#### Activity
Among the records below, count the lines where "wraps" occurs, and report that total alone.

[Stored items from a collection]
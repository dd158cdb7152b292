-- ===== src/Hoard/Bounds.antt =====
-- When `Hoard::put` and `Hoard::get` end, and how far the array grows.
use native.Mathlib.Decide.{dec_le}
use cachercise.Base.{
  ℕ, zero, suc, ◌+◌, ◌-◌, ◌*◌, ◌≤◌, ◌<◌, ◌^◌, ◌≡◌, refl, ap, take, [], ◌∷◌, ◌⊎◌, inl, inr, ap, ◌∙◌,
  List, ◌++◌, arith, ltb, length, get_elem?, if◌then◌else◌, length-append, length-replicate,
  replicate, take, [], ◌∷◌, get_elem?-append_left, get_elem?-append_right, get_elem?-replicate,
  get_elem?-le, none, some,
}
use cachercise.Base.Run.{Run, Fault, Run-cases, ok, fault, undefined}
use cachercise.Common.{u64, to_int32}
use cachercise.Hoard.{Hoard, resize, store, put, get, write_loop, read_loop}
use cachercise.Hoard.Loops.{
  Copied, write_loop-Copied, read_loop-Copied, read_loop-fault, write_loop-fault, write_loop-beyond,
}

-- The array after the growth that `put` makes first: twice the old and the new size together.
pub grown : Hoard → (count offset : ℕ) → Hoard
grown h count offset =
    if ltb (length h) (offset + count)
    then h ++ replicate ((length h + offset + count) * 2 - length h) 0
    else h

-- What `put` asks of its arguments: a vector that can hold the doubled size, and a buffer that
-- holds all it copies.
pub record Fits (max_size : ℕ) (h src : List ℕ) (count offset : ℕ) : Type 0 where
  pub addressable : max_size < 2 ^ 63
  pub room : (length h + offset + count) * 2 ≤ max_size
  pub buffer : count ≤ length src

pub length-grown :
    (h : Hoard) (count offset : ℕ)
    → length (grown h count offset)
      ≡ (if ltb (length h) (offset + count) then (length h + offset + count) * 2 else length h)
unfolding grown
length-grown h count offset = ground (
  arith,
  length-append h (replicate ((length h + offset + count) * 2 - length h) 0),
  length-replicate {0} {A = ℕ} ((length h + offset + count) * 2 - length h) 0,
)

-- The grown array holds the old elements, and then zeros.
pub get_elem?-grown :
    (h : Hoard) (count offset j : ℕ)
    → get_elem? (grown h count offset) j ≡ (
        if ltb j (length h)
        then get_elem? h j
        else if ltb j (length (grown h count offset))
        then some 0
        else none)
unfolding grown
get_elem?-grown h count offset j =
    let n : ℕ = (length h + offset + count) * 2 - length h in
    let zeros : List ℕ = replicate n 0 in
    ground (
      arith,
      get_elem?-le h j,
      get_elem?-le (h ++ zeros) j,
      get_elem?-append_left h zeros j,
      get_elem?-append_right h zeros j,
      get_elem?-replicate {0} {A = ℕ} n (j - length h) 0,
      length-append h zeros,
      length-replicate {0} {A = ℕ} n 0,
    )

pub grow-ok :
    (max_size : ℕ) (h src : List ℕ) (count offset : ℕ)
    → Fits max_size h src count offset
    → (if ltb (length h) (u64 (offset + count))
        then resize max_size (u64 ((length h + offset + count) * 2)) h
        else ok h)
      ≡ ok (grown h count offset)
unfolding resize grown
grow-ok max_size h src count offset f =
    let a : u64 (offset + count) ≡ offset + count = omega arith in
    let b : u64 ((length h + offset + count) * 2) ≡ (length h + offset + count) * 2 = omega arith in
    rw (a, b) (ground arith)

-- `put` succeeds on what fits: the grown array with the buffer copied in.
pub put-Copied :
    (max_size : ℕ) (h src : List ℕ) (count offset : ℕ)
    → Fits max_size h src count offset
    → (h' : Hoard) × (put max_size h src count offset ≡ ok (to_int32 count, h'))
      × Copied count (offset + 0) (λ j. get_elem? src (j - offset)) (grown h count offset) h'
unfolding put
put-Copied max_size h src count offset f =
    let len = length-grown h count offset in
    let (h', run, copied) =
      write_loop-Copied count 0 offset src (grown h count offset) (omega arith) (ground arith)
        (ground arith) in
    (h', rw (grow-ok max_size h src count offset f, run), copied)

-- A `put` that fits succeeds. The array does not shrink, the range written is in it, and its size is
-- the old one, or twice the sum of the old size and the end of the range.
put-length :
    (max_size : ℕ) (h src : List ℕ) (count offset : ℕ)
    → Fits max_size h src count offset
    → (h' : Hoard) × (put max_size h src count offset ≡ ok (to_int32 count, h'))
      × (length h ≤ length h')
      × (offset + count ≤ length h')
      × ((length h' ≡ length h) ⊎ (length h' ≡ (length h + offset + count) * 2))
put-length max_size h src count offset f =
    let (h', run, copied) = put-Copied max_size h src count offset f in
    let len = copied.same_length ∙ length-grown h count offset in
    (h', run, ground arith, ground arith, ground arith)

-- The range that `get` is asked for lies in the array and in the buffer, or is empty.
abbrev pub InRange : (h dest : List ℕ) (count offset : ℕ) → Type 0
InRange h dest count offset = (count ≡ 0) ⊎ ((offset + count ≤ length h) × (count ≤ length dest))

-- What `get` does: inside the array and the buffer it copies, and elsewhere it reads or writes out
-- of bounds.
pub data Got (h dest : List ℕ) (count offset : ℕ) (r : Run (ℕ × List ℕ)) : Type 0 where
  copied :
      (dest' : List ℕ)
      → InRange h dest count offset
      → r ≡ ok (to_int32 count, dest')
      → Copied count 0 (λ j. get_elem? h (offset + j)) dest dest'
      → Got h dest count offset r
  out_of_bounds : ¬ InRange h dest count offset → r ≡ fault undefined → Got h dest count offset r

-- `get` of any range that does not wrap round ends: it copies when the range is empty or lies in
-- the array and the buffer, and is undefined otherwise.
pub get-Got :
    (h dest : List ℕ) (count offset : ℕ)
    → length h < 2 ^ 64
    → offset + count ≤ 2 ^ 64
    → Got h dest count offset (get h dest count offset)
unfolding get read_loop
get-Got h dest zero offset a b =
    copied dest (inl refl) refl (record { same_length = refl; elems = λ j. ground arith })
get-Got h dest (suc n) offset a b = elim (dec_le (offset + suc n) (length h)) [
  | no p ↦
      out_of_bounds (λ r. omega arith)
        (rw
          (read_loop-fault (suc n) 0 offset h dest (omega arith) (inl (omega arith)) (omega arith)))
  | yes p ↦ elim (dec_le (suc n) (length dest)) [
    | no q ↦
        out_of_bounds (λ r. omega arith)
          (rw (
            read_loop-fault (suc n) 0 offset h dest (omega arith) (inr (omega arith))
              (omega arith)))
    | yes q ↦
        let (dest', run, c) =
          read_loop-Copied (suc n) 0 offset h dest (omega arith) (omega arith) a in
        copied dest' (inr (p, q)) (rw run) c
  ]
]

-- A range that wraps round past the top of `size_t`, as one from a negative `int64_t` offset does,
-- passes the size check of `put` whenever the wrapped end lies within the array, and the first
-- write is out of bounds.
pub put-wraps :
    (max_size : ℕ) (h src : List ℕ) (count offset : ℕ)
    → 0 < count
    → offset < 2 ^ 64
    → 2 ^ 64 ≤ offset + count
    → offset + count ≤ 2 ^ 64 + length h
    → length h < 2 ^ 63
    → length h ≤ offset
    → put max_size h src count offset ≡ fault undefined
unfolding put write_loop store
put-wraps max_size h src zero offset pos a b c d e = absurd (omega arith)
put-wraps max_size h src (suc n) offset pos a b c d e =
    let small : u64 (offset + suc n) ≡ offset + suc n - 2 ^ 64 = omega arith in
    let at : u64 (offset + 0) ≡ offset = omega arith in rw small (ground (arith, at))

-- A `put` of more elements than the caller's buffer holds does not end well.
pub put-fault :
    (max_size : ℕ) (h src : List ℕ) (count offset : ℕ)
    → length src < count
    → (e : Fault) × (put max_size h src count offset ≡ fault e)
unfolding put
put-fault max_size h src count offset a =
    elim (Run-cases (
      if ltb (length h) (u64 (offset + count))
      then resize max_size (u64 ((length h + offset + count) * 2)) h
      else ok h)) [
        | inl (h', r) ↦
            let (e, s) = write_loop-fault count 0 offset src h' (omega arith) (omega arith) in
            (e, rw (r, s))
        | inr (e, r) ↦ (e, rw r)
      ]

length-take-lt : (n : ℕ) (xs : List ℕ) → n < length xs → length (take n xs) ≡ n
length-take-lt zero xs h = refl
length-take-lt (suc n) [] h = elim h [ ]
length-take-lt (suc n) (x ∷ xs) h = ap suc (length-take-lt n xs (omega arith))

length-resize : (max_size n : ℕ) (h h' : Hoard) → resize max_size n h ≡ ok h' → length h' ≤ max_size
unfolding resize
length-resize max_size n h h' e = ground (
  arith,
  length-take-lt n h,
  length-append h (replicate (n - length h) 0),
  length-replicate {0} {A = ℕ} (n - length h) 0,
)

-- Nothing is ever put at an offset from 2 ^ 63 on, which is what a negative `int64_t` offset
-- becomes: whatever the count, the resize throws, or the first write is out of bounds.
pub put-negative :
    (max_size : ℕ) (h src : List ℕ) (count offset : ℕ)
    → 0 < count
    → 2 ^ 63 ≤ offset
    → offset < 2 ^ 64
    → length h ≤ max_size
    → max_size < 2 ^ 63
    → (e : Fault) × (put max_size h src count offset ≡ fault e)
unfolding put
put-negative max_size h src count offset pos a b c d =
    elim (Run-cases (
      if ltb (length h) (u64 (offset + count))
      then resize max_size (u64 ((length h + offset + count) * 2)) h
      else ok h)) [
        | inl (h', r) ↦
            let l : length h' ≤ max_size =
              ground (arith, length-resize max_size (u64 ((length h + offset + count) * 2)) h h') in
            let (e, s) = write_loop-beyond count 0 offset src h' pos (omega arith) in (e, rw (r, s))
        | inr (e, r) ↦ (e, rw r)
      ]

#### Task solution
4